A Noise-Resilient Hybrid Imputation-Ensemble (NR-HIE) Framework

Status Python Framework

"AI models shouldn't just predict; they must adapt to the messiness of real-world clinical data."


📌 Project Overview

In medical diagnostics, Missing Not At Random (MNAR) data is a critical challenge. Standard AI models often fail when deployed in real-world settings because they learn from "clean" data but face "messy" patient records.

This project introduces the NR-HIE Framework, a novel architecture designed to bridge the "Generalizability Gap." By combining a Triple-Stream Imputation strategy with Stacked Generalization, we achieved robust performance on completely unseen external populations.


🚀 Key Features

Feature Description
🧠 Hybrid Imputation A triple-stream approach combining MICE (Global correlations), KNN (Local clusters), and Robust Statistics (Outlier handling).
⚙️ Stacking Ensemble A Meta-Learner utilizes predictions from XGBoost, Random Forest, and Logistic Regression to minimize variance.
🌍 Generalizability Validated on an external Bangladeshi Cohort (DiaBD), achieving an accuracy surge instead of a drop.
🔍 Explainable AI Integrated SHAP (Shapley Additive exPlanations) to provide transparent, biologically valid reasoning for every prediction.

📊 Results: The "Generalizability Surge"

Most models degrade on external data. Ours improved.

Metric Baseline Model (Standard) NR-HIE (Internal Test) NR-HIE (External Validation)
Accuracy 75.32% 77.27% 81.62% 🚀
Brier Score 0.1302 0.1273 (High Safety) -
ROC-AUC 0.74 0.83 0.76

The drop in F1-score on external data is attributed to a prevalence shift, yet the high ROC-AUC confirms the model's robust ranking ability.

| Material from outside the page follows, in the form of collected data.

-- ===== src/Tasks/Result.antt =====
-- `Task._result`: what the owner's thread says of the accepted turn.
pub mod Served
pub mod Reads
pub mod Completed
use deixic_python.Base.{
  ℕ, zero, suc, String, Bool, true, false, not, ◌||◌, Option, none, some, List, [], ◌∷◌, ◌++◌, any,
  text_eq, is_empty, truthy, if◌then◌else◌, Result, ok, err, pure, raise, gets, ◌>>=◌, ◌>>◌,
}
use deixic_python.Base.Int.{ℤ, ◌==ℤ◌}
use deixic_python.Errors.{plain_error, Kind, protocol}
use deixic_python.Tasks.Types.{
  Checkpoint, TaskEvent, TaskTurn, TurnState, TaskMessage, Role, assistant, Receipt, ThreadPage,
  Submission, Status, TaskResult, brief, Raised, deixic,
}
use deixic_python.Tasks.Platform.{
  Platform, ThreadRequest, ReceiptRequest, Call, Session, Run, call, raise_protocol_if, stored_int,
  remaining,
}
use deixic_python.Tasks.Backfill.{waiting_request}

-- `next((item for item in page.turns if item.turn_id == turn_id), None)`
unfoldable pub find_turn : String → List TaskTurn → Option TaskTurn
find_turn turn_id [] = none
find_turn turn_id (t ∷ ts) = if text_eq t.turn_id turn_id then some t else find_turn turn_id ts

-- `messages.get(id)`, where `setdefault` has filled the dict in the list's order
unfoldable pub find_message : String → List TaskMessage → Option TaskMessage
find_message id [] = none
find_message id (m ∷ ms) = if text_eq m.id id then some m else find_message id ms

abbrev pub is_renumbered : ℤ → Option TaskTurn → Bool
is_renumbered sequence none = false
is_renumbered sequence (some t) = not (t.sequence ==ℤ sequence)

-- `if turn is None: turn = _copy(candidate)`
abbrev pub first_of : Option TaskTurn → Option TaskTurn → Option TaskTurn
first_of none candidate = candidate
first_of (some t) candidate = some t

abbrev pub is_completed : TurnState → Bool
is_completed TurnState.completed = true
is_completed _ = false

abbrev pub is_known : Option TaskMessage → Bool
is_known none = false
is_known (some m) = true

-- Whether no further page is needed.
unfoldable pub is_enough : Option TaskTurn → List TaskMessage → Bool
is_enough none messages = false
is_enough (some t) messages =
    not (is_completed t.state)
    || is_empty t.assistant_message_id
    || is_known (find_message t.assistant_message_id messages)

-- The status of a turn's state.
abbrev pub status_of : TurnState → Status
status_of TurnState.completed = Status.completed
status_of TurnState.responded = Status.responded
status_of TurnState.failed = Status.failed
status_of TurnState.interrupted = Status.interrupted
status_of TurnState.waiting = Status.waiting
status_of (TurnState.other n) = Status.unfinished

-- `dict.fromkeys(xs)`: the first of each.
unfoldable pub without : String → List String → List String
without x [] = []
without x (y ∷ ys) = if text_eq y x then without x ys else y ∷ without x ys

unfoldable pub distinct : List String → List String
distinct [] = []
distinct (x ∷ xs) = x ∷ without x (distinct xs)

abbrev pub reason_of : Option TaskEvent → String
reason_of none = "request_not_visible"
reason_of (some e) = ""

abbrev pub is_assistant : Role → Bool
is_assistant Role.assistant = true
is_assistant (Role.other n) = false

-- The linked message, where it is the assistant's.
abbrev pub linked : Option TaskMessage → Option TaskMessage
linked none = none
linked (some m) = if is_assistant m.role then some m else none

-- What the loop over the pages knows.
pub record Scan : Type 0 where
  pub turn : Option TaskTurn
  pub messages : List TaskMessage
  pub page_token : String
  pub seen : List String

abbrev pub add_page : String → ThreadPage → Scan → Scan
add_page turn_id page scan = record scan {
  turn = first_of scan.turn (find_turn turn_id page.turns);
  messages = scan.messages ++ page.messages;
}

abbrev pub next_token : String → Scan → Scan
next_token token scan = record scan { page_token = token; seen = token ∷ scan.seen }

module _ (P : Platform) (on_checkpoint : Option (Checkpoint → Call P.World (Unit {0})))
    (on_event : Option (TaskEvent → Call P.World (Unit {0}))) where
  -- One page of `threads.get`, with the checks of its identity and of the turn's sequence.
  unfoldable pub thread_page : Option ℕ → String → ℤ → Scan → Run P.World ThreadPage
  thread_page deadline turn_id sequence scan = do
    c ← gets (λ s. s.task.checkpoint)
    timeout ← remaining P deadline
    page ← call (
        P.get_thread (record {
          channel_id = c.channel_id;
          limit = 200;
          page_token = scan.page_token;
          timeout = timeout;
        }))
    raise_protocol_if (not (text_eq page.thread_id c.channel_id))
        "Thread lookup changed the channel identity"
    raise_protocol_if (is_renumbered sequence (find_turn turn_id page.turns))
        "Thread lookup changed the accepted turn sequence"
    pure page

  -- The loop over the pages; none where their bound is met.
  unfoldable pub scan_thread : ℕ → Option ℕ → String → ℤ → Scan → Run P.World (Option Scan)
  scan_thread zero deadline turn_id sequence scan = pure none
  scan_thread (suc pages) deadline turn_id sequence scan = do
    page ← thread_page deadline turn_id sequence scan
    let known = add_page turn_id page scan
    let token = page.next_page_token
    elim (is_enough known.turn known.messages || is_empty token) [
      | true ↦ pure (some known)
      | false ↦ do
        raise_protocol_if (any (text_eq token) known.seen) "Thread pagination repeated a page token"
        scan_thread pages deadline turn_id sequence (next_token token known)
    ]

  -- The loop over the receipts of the message.
  unfoldable pub read_receipts : Option ℕ → List String → Run P.World (List Receipt)
  read_receipts deadline [] = pure []
  read_receipts deadline (id ∷ ids) = do
    c ← gets (λ s. s.task.checkpoint)
    timeout ← remaining P deadline
    receipt ←
        call
          (P.get_receipt (record { channel_id = c.channel_id; receipt_id = id; timeout = timeout }))
    raise_protocol_if (not (text_eq receipt.id id)) "Receipt lookup changed the receipt identity"
    rest ← read_receipts deadline ids
    pure (receipt ∷ rest)

  -- The result of a completed turn, from its linked message.
  unfoldable pub completed_result :
      Option ℕ → String → TaskTurn → Option TaskMessage → Run P.World TaskResult
  completed_result deadline turn_id turn none =
      raise
        (deixic (plain_error "Completed turn omitted its linked final assistant message" protocol))
  completed_result deadline turn_id turn (some m) = do
    event ← gets (λ s. s.task.event)
    receipts ← read_receipts deadline (distinct m.receipt_ids)
    pure (record (brief Status.completed turn_id "") {
      body = some m.body;
      message = some m;
      receipts = receipts;
      turn = some turn;
      event = event;
    })

  -- The result of a turn that is there, by its status.
  unfoldable pub status_result :
      ℕ → Option ℕ → String → TaskTurn → List TaskMessage → Status → Run P.World TaskResult
  status_result pages deadline turn_id turn messages Status.waiting = do
    event ← waiting_request P on_checkpoint on_event pages deadline turn
    pure (record (brief Status.waiting turn_id (reason_of event)) {
      turn = some turn;
      event = event;
    })
  status_result pages deadline turn_id turn messages Status.completed =
      completed_result deadline turn_id turn
        (linked (find_message turn.assistant_message_id messages))
  status_result pages deadline turn_id turn messages status = do
    event ← gets (λ s. s.task.event)
    pure (record (brief status turn_id "") { turn = some turn; event = event })

  unfoldable pub found_result :
      ℕ → Option ℕ → String → Option TaskTurn → List TaskMessage → Run P.World TaskResult
  found_result pages deadline turn_id none messages =
      pure (brief Status.unfinished turn_id "turn_not_visible")
  found_result pages deadline turn_id (some turn) messages =
      status_result pages deadline turn_id turn messages (status_of turn.state)

  -- Behind the loop over the pages.
  unfoldable pub scanned_result : ℕ → Option ℕ → String → Option Scan → Run P.World TaskResult
  scanned_result pages deadline turn_id none =
      pure (brief Status.unfinished turn_id "result_page_limit")
  scanned_result pages deadline turn_id (some scan) =
      found_result pages deadline turn_id scan.turn scan.messages

  -- The result of an accepted submission.
  unfoldable pub observed : ℕ → Option ℕ → Run P.World TaskResult
  observed pages deadline = do
    c ← gets (λ s. s.task.checkpoint)
    sequence ← stored_int c.sequence
    found ←
        scan_thread pages deadline c.turn_id sequence
          (record { turn = none; messages = []; page_token = ""; seen = [] })
    scanned_result pages deadline c.turn_id found

  unfoldable pub submission_result : ℕ → Option ℕ → Submission → Run P.World TaskResult
  submission_result pages deadline Submission.prepared =
      pure (brief Status.prepared "" "submit_required")
  submission_result pages deadline Submission.unacknowledged =
      pure (brief Status.unacknowledged "" "explicit_replay_required")
  submission_result pages deadline Submission.accepted = observed pages deadline

  -- `Task._result`
  unfoldable pub result_from : ℕ → Option ℕ → Run P.World TaskResult
  result_from pages deadline = do
    submission ← gets (λ s. s.task.checkpoint.submission)
    submission_result pages deadline submission
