-- ===== src/Tasks/Result/Served.antt =====
-- What the server has answered to the requests of a read: the turns and messages of its thread pages,
-- and its receipts.
use mathlib.Core.List.{Memᴰ}
use deixic_python.Base.{
  String, ◌≡◌, refl, Bool-cases, inl, inr, Option, none, some, List, [], ◌∷◌, ◌++◌, All, text_eq,
  ok, arith,
}
use deixic_python.Tasks.Types.{TaskTurn, TaskMessage, Receipt, ThreadPage}
use deixic_python.Tasks.Platform.{Platform, ThreadRequest, ReceiptRequest}
use deixic_python.Tasks.Result.{find_turn, find_message, first_of, Scan, add_page}

module _ (P : Platform) (channel : String) where
  -- A page of the channel's thread, with which the server answered a request for this channel.
  abbrev pub IsServed : ThreadPage → Type 0
  IsServed page =
      (q : ThreadRequest) × (v : P.World) × (w : P.World) × (q.channel_id ≡ channel)
      × (P.get_thread q v ≡ (ok page, w))
      × (page.thread_id ≡ channel)

  abbrev pub HasTurn : TaskTurn → Type 0
  HasTurn t = (page : ThreadPage) × IsServed page × Memᴰ t page.turns

  abbrev pub HasMessage : TaskMessage → Type 0
  HasMessage m = (page : ThreadPage) × IsServed page × Memᴰ m page.messages

  -- A receipt with which the server answered a request for this channel and this receipt.
  abbrev pub HasReceipt : Receipt → Type 0
  HasReceipt r =
      (q : ReceiptRequest) × (v : P.World) × (w : P.World) × (q.channel_id ≡ channel)
      × (q.receipt_id ≡ r.id)
      × (P.get_receipt q v ≡ (ok r, w))

  abbrev pub ReadTurn : Option TaskTurn → Type 0
  ReadTurn none = Unit
  ReadTurn (some t) = HasTurn t

  -- What a scan knows was served.
  abbrev pub ReadScan : Scan → Type 0
  ReadScan scan = ReadTurn scan.turn × All HasMessage scan.messages

  abbrev pub ReadSome : Option Scan → Type 0
  ReadSome none = Unit
  ReadSome (some scan) = ReadScan scan

  find_turn-Memᴰ :
      (id : String) (ts : List TaskTurn) (t : TaskTurn) → find_turn id ts ≡ some t → Memᴰ t ts
  unfolding find_turn
  find_turn-Memᴰ id [] t h = cc
  find_turn-Memᴰ id (u ∷ ts) t h = elim (Bool-cases (text_eq u.turn_id id)) [
    | inl found ↦ Memᴰ.head (ground arith)
    | inr later ↦ Memᴰ.tail (find_turn-Memᴰ id ts t (ground arith))
  ]

  find_turn-ReadTurn :
      (id : String) (page : ThreadPage) (o : Option TaskTurn)
      → IsServed page
      → find_turn id page.turns ≡ o
      → ReadTurn o
  find_turn-ReadTurn id page none served h = tt
  find_turn-ReadTurn id page (some t) served h = (page, served, find_turn-Memᴰ id page.turns t h)

  first_of-ReadTurn : (a b : Option TaskTurn) → ReadTurn a → ReadTurn b → ReadTurn (first_of a b)
  first_of-ReadTurn none b p q = q
  first_of-ReadTurn (some t) b p q = p

  append-HasMessage :
      (ms : List TaskMessage) (page : ThreadPage) (ns : List TaskMessage)
      → All HasMessage ms
      → IsServed page
      → ((m : TaskMessage) → Memᴰ m ns → Memᴰ m page.messages)
      → All HasMessage (ms ++ ns)
  append-HasMessage [] page [] p served f = tt
  append-HasMessage [] page (n ∷ ns) p served f = (
    (page, served, f n (Memᴰ.head refl)),
    append-HasMessage [] page ns tt served (λ m e. f m (Memᴰ.tail e)),
  )
  append-HasMessage (m ∷ ms) page ns (p, ps) served f =
      (p, append-HasMessage ms page ns ps served f)

  -- A page that was served adds what it holds.
  pub add_page-ReadScan :
      (id : String) (page : ThreadPage) (scan : Scan)
      → IsServed page
      → ReadScan scan
      → ReadScan (add_page id page scan)
  add_page-ReadScan id page scan served (turn, messages) = (
    first_of-ReadTurn scan.turn _ turn (find_turn-ReadTurn id page _ served refl),
    append-HasMessage scan.messages page page.messages messages served (λ m e. e),
  )

  pub find_message-HasMessage :
      (id : String) (ms : List TaskMessage) (m : TaskMessage)
      → All HasMessage ms
      → find_message id ms ≡ some m
      → HasMessage m
  unfolding find_message
  find_message-HasMessage id [] m p h = cc
  find_message-HasMessage id (n ∷ ms) m (p, ps) h = elim (Bool-cases (text_eq n.id id)) [
    | inl found ↦ let same : n ≡ m = ground arith in rw (← same) p
    | inr later ↦ find_message-HasMessage id ms m ps (ground arith)
  ]
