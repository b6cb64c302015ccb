-- ===== src/Platform/Running.antt =====
-- `Start`, `Tick` and `Stop`. The time is an argument of those that read the steady clock. The Cocoa
-- backend, which is not part of every build, is a parameter.
use framekit.Base.{
  ℕ, ◌-◌, Bool, true, false, not, ◌&&◌, ◌||◌, String, is_blank, concat, Option, none, some, is_some,
  if◌then◌else◌,
}
use framekit.Loop.Policy.{is_gui_or_hybrid}
use framekit.Loop.Stages.{stage_eq}
use framekit.Loop.Runner.{execute_frame}
use framekit.Platform.Setup.{
  PlatformHostRuntime, with_state, with_error, set_platform_host, set_window_host,
  has_active_render_stages,
}
use framekit.Platform.{PlatformHost, WindowHost}

-- `CocoaBackendAvailable` and the hosts that its factories make.
pub record CocoaBackend (W : Type 0) : Type 0 where
  pub is_available : Bool
  pub cocoa_platform_host : Option (PlatformHost W)
  pub cocoa_window_host : Option (WindowHost W)

-- The backend of a build without Cocoa.
abbrev pub no_cocoa : {W : Type 0} → CocoaBackend W
no_cocoa = record { is_available = false; cocoa_platform_host = none; cocoa_window_host = none }

module _ {W H F : Type 0} where
  -- `fail_after_platform_initialize`.
  abbrev pub fail_after_initialize :
      PlatformHost W
      → PlatformHostRuntime W H F
      → (error : String) → PlatformHostRuntime W H F × Bool
  fail_after_initialize host r error =
      let (w, torn_down) = host.teardown r.stage_state.world in
      let r' = with_state r (record (r.stage_state) { world = w }) in
      (
        if not torn_down
            then with_error r' (concat error "; platform teardown failed after startup failure")
            else with_error (record r' { platform_initialized = false }) error,
        false,
      )

  abbrev pub begin_running : ℕ → PlatformHostRuntime W H F → PlatformHostRuntime W H F × Bool
  begin_running now r = (
    record (with_error r "") {
      running = true;
      has_last_tick_timestamp = true;
      last_tick_timestamp = now;
    },
    true,
  )

  abbrev pub create_window :
      ℕ
      → PlatformHost W
      → Option (WindowHost W)
      → PlatformHostRuntime W H F
      → PlatformHostRuntime W H F × Bool
  create_window now host none r =
      fail_after_initialize host r "window host is required when render stages are active"
  create_window now host (some window_host) r =
      let (w, created) = window_host.create_primary_window r.primary_window r.stage_state.world in
      let r' = with_state r (record (r.stage_state) { world = w }) in
      if not created
      then fail_after_initialize host r' "window host failed to create primary window"
      else begin_running now (record r' { window_created = true })

  abbrev pub start_with :
      ℕ → Option (PlatformHost W) → PlatformHostRuntime W H F → PlatformHostRuntime W H F × Bool
  start_with now none r = (with_error r "platform host is required", false)
  start_with now (some host) r =
      let (w, initialized) = host.initialize r.stage_state.world in
      let r' = with_state r (record (r.stage_state) { world = w }) in
      if not initialized
      then (with_error r' "platform host initialization failed", false)
      else (if has_active_render_stages r
          then create_window now host r.stage_state.window_host
              (record r' { platform_initialized = true })
          else begin_running now (record r' { platform_initialized = true }))

  abbrev pub auto_wired : CocoaBackend W → PlatformHostRuntime W H F → PlatformHostRuntime W H F
  auto_wired cocoa r =
      if not (is_some r.stage_state.platform_host)
        && not (is_some r.stage_state.window_host)
        && has_active_render_stages r
        && is_gui_or_hybrid r.policy.profile
        && cocoa.is_available
      then set_window_host (set_platform_host r cocoa.cocoa_platform_host) cocoa.cocoa_window_host
      else r

  unfoldable pub start_platform :
      CocoaBackend W → ℕ → PlatformHostRuntime W H F → PlatformHostRuntime W H F × Bool
  unfolding has_active_render_stages set_platform_host set_window_host
  start_platform cocoa now r =
      let wired = auto_wired cocoa r in
      if not r.configured
      then (with_error r "platform runtime is not configured", false)
      else (if r.running
          then (with_error r "platform runtime is already running", false)
          else (if r.platform_initialized || r.window_created
              then (with_error r "platform runtime cleanup is required before restart", false)
              else start_with now wired.stage_state.platform_host wired))

  -- The steady clock does not run backwards.
  unfoldable pub tick_platform : ℕ → PlatformHostRuntime W H F → PlatformHostRuntime W H F × Bool
  tick_platform now r =
      let elapsed_ns : ℕ = if r.has_last_tick_timestamp then now - r.last_tick_timestamp else 0 in
      let s = record (r.stage_state) { frame_failed = false; last_error = "" } in
      let (runner, s', executed) = execute_frame r.loop_runner elapsed_ns s in
      let r' = record r {
        loop_runner = runner;
        stage_state = s';
        has_last_tick_timestamp = true;
        last_tick_timestamp = now;
      } in
      if not r.running
      then (with_error r "platform runtime is not running", false)
      else (if not executed
          then (with_error r' runner.last_error, false)
          else (r', not s'.frame_failed))

  -- A failed teardown, whose text is only noted where there is none yet.
  abbrev pub teardown_failed : PlatformHostRuntime W H F → String → PlatformHostRuntime W H F
  teardown_failed r error = if is_blank r.stage_state.last_error then with_error r error else r

  abbrev pub stop_windows :
      Bool → Option (WindowHost W) → PlatformHostRuntime W H F → PlatformHostRuntime W H F × Bool
  stop_windows true (some host) r =
      let (w, torn_down) = host.teardown_windows r.stage_state.world in
      let r' = with_state r (record (r.stage_state) { world = w }) in
      if not torn_down
      then (teardown_failed r' "window host teardown failed", false)
      else (record r' { window_created = false }, true)
  stop_windows _ _ r = (r, true)

  abbrev pub stop_host :
      Bool
      → Option (PlatformHost W)
      → PlatformHostRuntime W H F × Bool
      → PlatformHostRuntime W H F × Bool
  stop_host true (some host) (r, ok) =
      let (w, torn_down) = host.teardown r.stage_state.world in
      let r' = with_state r (record (r.stage_state) { world = w }) in
      if not torn_down
      then (teardown_failed r' "platform host teardown failed", false)
      else (record r' { platform_initialized = false }, ok)
  stop_host _ _ (r, ok) = (record r { platform_initialized = false }, ok)

  abbrev pub stopped : PlatformHostRuntime W H F × Bool → PlatformHostRuntime W H F × Bool
  stopped (r, ok) = (
    record (with_state r (record (r.stage_state) { frame_failed = false })) {
      running = false;
      has_last_tick_timestamp = false;
    },
    ok,
  )

  unfoldable pub stop_platform : PlatformHostRuntime W H F → PlatformHostRuntime W H F × Bool
  stop_platform r =
      if not r.running && not r.platform_initialized && not r.window_created
      then (r, true)
      else stopped (
          stop_host r.platform_initialized r.stage_state.platform_host
            (stop_windows r.window_created r.stage_state.window_host r))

🛠️ Methodology & Architecture

1. The Triple-Stream Pipeline

Instead of relying on a single imputation method, we generate three "views" of the data:

  1. MICE Stream: Captures multivariate relationships.
  2. KNN Stream: Preserves local data structure.
  3. Robust Stream: Preserves the signal of "missingness."

2. Stacked Generalization

The Level-1 Meta-Learner (Logistic Regression with L2 Regularization) dynamically weights these streams based on their predictive reliability.

Architecture Diagram


📉 Explainability (SHAP Analysis)

We verified that the model relies on medically relevant biomarkers rather than noise.

  • Top Predictors: Glucose, BMI, Age (Biologically Valid).
  • Noise Features: Skin Thickness (Low Impact).

SHAP Summary


📦 Installation & Usage

Prerequisites

  • Python 3.8+
  • Jupyter Notebook

Setup

  1. Clone the repository:
    git clone [https://github.com/hasnainalam596/NR-HIE-Generalizable-Diabetes-Prediction-Framework.git](https://github.com/hasnainalam596/NR-HIE-Generalizable-Diabetes-Prediction-Framework.git)
  2. Install dependencies:

pip install -r requirements.txt

  1. Run the Notebook:

jupyter notebook notebooks/01_Diabetes_Prediction_NR_HIE.ipynb

📂 Project Structure

├── data/                   # Datasets (Pima & DiaBD)
│   ├── diabetes.csv
│   └── diaBD_bangladesh.csv
│
├── notebooks/              # Jupyter Notebooks (Source Code)
│   ├── Project_Notebook.ipynb
│
├── reports/                # Documentation
│   ├── Project_Report.pdf
│   └── Project_Presentation.pptx
│   └── Project_Proposal.pdf
│
├── images/                 # Charts for README
│   ├── architecture_diagram.png
│   └── shap_summary.png
│
├── requirements.txt        # Libraries List
└── README.md               # Project Details

📜 Future Roadmap

**Demographic Expansion: Retrain on male datasets to mitigate gender bias.

Longitudinal Analysis: Integrate LSTMs for time-series risk forecasting.

Deployment: Develop a Streamlit/Flask web app for doctors.

🤝 Contact & Contribution

Hasnain Alam

Role: Data Scientist & Researcher

GitHub: (https://github.com/hasnainalam596)

Email: alamhasnain457@gmail.com

If you find this research useful, please star ⭐ this repository!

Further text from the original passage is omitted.